Using the records below, quote only the span that opens with the line containing "unknown_shell : Bytes → Bytes → ConfigError" and closes with the line containing "unfolding parse_each parse_shell", exactly and inclusively.

### Extracted material
===============
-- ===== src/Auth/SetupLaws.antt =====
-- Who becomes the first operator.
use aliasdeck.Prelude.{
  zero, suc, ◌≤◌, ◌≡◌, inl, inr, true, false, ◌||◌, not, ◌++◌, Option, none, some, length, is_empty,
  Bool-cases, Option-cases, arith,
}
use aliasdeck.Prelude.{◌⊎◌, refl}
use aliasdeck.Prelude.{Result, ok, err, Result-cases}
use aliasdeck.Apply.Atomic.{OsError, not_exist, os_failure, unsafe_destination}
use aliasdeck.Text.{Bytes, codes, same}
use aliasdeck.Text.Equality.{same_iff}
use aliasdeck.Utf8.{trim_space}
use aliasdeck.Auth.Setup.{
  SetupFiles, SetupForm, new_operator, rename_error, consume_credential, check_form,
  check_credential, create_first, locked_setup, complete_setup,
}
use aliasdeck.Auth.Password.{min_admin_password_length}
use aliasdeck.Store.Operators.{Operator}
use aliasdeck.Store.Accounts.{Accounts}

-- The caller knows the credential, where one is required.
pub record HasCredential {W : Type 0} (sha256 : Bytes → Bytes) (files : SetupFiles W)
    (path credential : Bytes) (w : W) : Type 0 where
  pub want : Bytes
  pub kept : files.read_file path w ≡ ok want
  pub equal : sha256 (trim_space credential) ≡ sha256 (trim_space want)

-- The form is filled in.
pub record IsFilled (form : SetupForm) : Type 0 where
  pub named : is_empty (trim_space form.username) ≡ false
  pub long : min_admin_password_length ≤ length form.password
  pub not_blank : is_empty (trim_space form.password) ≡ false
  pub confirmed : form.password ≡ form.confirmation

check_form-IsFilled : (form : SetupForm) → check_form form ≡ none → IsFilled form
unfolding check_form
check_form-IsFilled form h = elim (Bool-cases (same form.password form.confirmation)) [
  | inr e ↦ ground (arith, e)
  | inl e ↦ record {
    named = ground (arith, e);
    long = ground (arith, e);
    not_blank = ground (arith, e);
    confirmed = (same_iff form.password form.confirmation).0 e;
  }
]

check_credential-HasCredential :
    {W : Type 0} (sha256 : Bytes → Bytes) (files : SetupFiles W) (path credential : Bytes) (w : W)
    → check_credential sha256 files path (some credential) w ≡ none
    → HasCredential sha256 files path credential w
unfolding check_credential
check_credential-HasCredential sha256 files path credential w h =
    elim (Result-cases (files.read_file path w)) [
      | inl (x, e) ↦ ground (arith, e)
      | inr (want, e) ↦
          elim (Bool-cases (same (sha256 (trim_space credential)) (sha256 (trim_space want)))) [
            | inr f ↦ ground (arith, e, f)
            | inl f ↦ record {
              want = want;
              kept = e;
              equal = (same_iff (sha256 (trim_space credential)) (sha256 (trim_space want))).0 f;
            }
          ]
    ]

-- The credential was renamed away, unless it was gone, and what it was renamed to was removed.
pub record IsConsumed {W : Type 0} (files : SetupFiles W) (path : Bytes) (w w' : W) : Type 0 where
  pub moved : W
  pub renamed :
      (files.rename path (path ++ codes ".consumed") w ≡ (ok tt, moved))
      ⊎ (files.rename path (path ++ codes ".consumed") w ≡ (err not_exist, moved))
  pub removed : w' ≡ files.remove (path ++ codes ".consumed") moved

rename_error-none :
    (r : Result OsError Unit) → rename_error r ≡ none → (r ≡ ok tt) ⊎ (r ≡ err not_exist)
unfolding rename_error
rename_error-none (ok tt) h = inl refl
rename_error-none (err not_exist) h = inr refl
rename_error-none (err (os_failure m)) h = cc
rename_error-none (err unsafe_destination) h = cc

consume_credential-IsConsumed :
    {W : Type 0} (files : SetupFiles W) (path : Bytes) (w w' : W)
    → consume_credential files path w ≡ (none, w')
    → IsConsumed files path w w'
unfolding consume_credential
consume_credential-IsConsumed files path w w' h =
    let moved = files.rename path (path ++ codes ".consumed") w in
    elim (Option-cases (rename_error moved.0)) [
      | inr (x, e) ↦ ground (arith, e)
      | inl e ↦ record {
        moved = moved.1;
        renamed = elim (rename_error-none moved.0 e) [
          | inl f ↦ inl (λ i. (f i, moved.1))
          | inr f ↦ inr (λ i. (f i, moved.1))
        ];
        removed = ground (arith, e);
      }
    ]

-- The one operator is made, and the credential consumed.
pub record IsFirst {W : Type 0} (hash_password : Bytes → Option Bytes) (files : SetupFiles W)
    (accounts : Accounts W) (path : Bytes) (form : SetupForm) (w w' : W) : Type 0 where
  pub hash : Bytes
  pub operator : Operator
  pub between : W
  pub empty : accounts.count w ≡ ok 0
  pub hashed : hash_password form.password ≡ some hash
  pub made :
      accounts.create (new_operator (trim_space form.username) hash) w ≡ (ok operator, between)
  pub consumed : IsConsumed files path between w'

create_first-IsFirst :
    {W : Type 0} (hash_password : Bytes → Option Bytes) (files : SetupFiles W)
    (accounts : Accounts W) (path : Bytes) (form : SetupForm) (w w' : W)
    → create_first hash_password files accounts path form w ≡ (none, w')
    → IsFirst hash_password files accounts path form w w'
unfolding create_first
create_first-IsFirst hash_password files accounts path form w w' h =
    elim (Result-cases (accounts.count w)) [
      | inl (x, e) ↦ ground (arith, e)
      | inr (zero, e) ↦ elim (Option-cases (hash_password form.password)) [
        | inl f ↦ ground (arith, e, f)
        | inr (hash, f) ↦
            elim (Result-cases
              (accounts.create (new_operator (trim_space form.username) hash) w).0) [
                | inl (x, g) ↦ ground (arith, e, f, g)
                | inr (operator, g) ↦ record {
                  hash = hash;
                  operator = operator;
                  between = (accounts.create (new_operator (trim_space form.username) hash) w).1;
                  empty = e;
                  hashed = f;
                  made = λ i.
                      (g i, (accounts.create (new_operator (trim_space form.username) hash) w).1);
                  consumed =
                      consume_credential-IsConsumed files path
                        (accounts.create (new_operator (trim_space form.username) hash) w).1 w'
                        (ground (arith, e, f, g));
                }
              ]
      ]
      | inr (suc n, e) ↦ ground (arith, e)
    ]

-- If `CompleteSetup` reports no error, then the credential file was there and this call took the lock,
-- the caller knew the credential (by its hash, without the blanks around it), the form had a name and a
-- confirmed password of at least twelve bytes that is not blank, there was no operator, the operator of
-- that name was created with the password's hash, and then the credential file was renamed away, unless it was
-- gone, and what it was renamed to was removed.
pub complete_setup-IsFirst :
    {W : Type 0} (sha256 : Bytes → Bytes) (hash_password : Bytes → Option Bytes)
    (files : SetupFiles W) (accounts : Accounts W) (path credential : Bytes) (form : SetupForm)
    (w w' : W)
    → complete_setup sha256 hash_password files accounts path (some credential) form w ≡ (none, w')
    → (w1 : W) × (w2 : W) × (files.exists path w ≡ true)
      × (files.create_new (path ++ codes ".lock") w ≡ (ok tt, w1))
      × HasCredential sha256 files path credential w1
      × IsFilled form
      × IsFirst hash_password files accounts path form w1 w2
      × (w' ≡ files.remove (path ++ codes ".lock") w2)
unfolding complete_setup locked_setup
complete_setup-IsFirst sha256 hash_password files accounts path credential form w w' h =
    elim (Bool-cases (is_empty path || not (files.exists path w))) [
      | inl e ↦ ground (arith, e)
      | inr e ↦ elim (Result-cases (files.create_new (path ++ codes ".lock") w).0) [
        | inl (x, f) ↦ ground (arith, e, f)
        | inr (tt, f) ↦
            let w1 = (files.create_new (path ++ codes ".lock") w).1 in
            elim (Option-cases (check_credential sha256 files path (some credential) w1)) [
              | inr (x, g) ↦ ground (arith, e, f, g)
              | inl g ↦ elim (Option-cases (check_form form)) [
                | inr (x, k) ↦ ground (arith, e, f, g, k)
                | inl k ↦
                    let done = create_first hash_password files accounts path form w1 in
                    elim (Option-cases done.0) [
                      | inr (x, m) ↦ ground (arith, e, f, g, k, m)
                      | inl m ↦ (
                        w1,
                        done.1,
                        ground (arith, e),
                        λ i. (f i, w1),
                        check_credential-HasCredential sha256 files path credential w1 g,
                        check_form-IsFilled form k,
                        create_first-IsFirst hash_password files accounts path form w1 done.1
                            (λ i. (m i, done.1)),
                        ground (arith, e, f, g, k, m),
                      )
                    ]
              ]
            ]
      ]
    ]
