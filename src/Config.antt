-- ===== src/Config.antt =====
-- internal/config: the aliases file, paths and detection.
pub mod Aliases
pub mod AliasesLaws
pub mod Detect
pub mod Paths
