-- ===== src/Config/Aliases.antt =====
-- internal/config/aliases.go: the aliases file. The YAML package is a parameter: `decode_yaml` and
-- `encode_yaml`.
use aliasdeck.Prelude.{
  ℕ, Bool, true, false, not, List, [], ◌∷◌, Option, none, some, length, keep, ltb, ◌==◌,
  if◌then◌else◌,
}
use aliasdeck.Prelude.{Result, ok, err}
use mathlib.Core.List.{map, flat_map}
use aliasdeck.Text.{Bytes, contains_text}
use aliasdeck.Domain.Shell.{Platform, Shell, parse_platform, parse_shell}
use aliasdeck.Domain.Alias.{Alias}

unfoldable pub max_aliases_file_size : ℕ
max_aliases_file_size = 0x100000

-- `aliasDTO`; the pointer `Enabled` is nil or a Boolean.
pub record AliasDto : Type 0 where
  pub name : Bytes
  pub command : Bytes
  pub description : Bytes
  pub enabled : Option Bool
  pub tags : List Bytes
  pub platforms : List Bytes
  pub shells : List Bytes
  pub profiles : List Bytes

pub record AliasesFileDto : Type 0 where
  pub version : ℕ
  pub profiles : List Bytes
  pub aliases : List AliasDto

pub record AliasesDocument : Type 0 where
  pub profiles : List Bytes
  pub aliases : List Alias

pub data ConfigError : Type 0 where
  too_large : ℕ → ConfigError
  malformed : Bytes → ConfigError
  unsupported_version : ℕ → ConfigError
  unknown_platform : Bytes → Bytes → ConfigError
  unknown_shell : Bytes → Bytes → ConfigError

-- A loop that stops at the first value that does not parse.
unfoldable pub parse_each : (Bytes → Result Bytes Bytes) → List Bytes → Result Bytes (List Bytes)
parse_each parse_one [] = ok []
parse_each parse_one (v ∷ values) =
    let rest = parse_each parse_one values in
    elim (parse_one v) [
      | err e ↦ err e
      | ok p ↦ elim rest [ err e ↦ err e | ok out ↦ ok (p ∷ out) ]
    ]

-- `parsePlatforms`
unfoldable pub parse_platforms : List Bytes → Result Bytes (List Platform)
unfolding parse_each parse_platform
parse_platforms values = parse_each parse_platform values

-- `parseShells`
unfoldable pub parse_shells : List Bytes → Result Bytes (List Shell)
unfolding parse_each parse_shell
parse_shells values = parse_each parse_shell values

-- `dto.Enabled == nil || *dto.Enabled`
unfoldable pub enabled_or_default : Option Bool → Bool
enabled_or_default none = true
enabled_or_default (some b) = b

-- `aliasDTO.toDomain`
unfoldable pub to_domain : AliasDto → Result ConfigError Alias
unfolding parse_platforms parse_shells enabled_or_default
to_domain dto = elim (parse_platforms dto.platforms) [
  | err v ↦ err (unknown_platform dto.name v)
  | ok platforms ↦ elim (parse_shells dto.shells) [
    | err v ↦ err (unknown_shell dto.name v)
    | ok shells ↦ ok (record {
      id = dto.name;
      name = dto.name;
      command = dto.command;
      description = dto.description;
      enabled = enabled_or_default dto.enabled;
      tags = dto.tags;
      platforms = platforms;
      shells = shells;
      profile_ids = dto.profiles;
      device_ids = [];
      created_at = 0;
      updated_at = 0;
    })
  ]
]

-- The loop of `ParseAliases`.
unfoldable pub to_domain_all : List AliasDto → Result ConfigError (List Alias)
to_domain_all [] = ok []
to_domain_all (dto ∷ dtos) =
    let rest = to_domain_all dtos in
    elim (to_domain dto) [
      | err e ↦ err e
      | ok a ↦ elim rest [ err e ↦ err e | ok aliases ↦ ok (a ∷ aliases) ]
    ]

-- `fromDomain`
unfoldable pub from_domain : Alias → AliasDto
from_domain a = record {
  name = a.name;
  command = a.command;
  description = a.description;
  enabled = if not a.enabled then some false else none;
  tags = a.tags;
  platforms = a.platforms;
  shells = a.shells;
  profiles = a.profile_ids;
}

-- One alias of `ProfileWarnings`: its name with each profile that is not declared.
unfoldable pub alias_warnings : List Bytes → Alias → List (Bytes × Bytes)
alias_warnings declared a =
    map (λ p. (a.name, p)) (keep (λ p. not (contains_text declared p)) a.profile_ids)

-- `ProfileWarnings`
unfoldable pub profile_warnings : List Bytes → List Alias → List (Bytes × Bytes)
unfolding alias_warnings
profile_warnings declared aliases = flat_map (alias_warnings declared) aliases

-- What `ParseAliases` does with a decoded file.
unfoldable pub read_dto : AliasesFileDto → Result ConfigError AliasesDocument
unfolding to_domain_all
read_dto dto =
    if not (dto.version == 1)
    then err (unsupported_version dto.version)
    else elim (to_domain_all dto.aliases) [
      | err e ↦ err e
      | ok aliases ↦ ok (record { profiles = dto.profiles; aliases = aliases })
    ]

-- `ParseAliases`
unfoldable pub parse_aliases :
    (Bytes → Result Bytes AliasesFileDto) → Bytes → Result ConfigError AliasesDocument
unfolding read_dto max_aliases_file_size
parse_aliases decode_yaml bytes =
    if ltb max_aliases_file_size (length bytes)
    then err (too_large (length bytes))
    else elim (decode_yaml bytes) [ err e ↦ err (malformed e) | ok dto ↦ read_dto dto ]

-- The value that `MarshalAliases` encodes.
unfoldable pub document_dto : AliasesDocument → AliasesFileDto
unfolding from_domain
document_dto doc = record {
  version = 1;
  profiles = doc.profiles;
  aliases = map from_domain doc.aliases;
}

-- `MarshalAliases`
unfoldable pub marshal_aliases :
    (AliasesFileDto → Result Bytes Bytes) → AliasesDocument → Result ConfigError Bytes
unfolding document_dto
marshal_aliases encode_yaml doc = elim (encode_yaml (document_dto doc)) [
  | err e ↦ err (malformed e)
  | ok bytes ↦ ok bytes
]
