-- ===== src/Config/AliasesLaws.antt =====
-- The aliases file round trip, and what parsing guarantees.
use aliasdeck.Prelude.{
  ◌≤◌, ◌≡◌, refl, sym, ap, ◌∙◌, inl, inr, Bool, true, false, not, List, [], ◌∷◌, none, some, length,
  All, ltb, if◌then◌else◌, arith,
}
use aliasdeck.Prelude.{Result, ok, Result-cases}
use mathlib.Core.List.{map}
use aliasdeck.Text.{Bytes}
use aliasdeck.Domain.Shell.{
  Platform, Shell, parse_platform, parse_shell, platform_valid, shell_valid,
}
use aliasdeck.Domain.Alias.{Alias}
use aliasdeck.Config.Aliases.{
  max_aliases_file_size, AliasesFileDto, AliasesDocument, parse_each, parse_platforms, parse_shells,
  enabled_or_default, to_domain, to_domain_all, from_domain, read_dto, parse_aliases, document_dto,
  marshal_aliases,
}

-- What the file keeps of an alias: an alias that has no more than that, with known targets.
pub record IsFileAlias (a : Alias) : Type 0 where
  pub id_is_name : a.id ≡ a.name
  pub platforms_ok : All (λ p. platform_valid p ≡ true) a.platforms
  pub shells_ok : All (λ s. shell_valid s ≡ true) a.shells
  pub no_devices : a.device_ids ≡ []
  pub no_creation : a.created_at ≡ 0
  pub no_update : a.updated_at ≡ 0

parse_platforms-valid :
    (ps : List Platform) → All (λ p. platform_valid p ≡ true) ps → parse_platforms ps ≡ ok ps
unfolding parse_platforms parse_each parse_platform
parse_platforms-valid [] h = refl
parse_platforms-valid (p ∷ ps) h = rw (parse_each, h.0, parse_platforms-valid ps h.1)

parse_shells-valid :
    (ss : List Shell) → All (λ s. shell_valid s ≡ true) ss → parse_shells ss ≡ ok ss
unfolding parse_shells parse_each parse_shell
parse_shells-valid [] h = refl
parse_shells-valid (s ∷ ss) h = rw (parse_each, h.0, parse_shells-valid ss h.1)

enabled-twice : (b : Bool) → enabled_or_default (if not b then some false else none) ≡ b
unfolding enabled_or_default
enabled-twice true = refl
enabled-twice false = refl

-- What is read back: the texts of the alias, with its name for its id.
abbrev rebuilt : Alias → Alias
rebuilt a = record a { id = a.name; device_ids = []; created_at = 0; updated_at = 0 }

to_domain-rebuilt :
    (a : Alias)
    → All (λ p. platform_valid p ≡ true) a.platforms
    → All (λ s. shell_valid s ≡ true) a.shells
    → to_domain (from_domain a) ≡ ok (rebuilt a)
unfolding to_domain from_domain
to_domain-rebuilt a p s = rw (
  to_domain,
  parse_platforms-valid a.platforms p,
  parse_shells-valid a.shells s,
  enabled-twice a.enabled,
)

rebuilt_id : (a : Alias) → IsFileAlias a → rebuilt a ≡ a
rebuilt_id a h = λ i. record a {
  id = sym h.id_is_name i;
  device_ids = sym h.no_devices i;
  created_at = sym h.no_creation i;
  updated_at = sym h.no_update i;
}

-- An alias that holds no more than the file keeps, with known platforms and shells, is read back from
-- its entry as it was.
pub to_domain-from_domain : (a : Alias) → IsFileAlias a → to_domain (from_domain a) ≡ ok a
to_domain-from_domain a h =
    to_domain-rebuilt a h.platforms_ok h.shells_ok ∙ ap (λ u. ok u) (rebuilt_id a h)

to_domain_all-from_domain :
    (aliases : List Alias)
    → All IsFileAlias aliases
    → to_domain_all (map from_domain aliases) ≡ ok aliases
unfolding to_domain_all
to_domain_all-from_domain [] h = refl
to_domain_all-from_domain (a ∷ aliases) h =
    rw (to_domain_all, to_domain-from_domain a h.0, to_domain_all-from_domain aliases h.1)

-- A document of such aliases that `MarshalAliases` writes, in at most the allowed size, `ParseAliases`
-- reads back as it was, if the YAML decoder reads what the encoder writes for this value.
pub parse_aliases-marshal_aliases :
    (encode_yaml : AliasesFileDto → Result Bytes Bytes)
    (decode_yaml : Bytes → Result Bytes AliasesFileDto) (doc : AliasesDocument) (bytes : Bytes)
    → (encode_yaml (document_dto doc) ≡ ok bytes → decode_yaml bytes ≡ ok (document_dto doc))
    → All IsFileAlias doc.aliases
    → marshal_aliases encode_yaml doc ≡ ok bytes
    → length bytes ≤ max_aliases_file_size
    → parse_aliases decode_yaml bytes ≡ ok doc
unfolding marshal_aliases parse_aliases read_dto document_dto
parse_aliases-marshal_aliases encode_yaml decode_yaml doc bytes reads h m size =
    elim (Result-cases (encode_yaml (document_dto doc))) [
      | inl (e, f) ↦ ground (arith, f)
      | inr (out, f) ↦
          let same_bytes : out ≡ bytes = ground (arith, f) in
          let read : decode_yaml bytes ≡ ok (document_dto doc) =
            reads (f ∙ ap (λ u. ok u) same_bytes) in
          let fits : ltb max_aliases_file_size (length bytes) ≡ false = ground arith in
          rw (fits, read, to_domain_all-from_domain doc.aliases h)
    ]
===============
### Response to the exercise
  unknown_shell : Bytes → Bytes → ConfigError

-- A loop that stops at the first value that does not parse.
unfoldable pub parse_each : (Bytes → Result Bytes Bytes) → List Bytes → Result Bytes (List Bytes)
parse_each parse_one [] = ok []
parse_each parse_one (v ∷ values) =
    let rest = parse_each parse_one values in
    elim (parse_one v) [
      | err e ↦ err e
      | ok p ↦ elim rest [ err e ↦ err e | ok out ↦ ok (p ∷ out) ]
    ]

-- `parsePlatforms`
unfoldable pub parse_platforms : List Bytes → Result Bytes (List Platform)
unfolding parse_each parse_platform
parse_platforms values = parse_each parse_platform values

-- `parseShells`
unfoldable pub parse_shells : List Bytes → Result Bytes (List Shell)
unfolding parse_each parse_shell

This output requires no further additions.